Given entries —

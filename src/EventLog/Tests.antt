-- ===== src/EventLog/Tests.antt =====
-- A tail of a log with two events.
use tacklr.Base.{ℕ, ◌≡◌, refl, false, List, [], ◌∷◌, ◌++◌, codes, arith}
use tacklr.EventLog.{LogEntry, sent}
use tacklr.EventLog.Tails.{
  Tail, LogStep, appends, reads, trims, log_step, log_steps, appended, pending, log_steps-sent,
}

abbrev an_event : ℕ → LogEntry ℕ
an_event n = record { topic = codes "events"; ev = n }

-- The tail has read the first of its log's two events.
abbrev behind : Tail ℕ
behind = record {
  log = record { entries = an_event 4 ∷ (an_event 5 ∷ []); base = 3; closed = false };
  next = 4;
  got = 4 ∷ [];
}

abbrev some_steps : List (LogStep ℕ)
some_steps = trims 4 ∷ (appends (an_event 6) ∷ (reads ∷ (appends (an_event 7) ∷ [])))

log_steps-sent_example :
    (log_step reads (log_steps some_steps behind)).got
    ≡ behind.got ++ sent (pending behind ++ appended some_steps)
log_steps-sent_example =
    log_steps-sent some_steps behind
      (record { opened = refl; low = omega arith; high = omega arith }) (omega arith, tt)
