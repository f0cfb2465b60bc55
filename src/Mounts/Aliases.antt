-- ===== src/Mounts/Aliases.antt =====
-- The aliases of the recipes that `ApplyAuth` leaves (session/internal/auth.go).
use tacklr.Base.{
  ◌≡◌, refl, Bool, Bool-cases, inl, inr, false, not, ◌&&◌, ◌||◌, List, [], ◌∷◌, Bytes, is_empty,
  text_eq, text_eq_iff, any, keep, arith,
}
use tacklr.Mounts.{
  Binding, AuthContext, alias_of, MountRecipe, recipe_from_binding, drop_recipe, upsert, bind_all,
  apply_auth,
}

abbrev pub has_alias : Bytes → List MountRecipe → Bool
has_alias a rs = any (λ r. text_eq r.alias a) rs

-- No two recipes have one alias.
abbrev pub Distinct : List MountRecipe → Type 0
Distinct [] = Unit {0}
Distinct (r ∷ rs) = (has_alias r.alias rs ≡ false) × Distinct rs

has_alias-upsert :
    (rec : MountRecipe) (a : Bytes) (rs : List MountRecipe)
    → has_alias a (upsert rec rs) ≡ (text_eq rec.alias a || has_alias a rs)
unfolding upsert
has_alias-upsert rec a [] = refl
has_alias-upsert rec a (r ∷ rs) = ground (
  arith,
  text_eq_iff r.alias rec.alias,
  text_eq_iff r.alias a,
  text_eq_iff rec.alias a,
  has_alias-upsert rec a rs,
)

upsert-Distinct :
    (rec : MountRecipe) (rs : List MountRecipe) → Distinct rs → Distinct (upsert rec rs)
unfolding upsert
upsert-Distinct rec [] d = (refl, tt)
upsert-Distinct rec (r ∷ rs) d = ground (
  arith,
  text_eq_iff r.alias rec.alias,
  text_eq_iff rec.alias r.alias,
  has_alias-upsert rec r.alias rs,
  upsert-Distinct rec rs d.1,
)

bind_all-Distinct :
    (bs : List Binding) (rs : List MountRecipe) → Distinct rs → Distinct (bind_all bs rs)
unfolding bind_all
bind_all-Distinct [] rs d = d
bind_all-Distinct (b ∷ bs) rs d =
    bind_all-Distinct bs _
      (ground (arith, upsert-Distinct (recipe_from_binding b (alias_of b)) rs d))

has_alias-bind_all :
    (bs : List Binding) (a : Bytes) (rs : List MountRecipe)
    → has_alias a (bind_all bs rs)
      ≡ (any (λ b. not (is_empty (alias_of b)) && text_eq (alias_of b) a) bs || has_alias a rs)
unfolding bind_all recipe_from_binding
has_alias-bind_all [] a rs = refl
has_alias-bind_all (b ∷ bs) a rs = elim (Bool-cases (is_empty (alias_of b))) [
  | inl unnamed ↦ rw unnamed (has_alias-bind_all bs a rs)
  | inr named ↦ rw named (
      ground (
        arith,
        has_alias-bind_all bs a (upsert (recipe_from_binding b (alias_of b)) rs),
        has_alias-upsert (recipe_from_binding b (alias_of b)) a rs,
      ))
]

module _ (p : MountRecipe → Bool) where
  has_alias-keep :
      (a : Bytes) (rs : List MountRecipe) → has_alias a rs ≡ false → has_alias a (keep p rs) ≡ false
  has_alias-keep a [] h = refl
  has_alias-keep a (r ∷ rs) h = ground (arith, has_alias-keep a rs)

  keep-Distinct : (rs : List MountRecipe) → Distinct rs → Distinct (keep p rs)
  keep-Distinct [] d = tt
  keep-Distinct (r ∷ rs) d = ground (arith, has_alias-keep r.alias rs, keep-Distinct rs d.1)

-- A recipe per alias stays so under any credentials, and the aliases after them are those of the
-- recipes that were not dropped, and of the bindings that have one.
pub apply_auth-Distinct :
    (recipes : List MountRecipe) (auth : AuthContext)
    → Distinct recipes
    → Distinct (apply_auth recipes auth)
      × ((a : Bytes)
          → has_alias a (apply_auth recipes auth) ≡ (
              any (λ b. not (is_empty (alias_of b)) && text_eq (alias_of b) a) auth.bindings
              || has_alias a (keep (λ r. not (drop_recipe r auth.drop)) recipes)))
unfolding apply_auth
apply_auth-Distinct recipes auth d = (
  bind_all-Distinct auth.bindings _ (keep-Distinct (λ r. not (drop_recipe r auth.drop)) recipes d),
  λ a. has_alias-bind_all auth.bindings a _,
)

What is required —
Check each line in the records above for the word "Bytes". Return those that have it.

Expected output —
  ◌≡◌, refl, Bool, Bool-cases, inl, inr, false, not, ◌&&◌, ◌||◌, List, [], ◌∷◌, Bytes, is_empty,
abbrev pub has_alias : Bytes → List MountRecipe → Bool
    (rec : MountRecipe) (a : Bytes) (rs : List MountRecipe)
    (bs : List Binding) (a : Bytes) (rs : List MountRecipe)
      (a : Bytes) (rs : List MountRecipe) → has_alias a rs ≡ false → has_alias a (keep p rs) ≡ false
      × ((a : Bytes)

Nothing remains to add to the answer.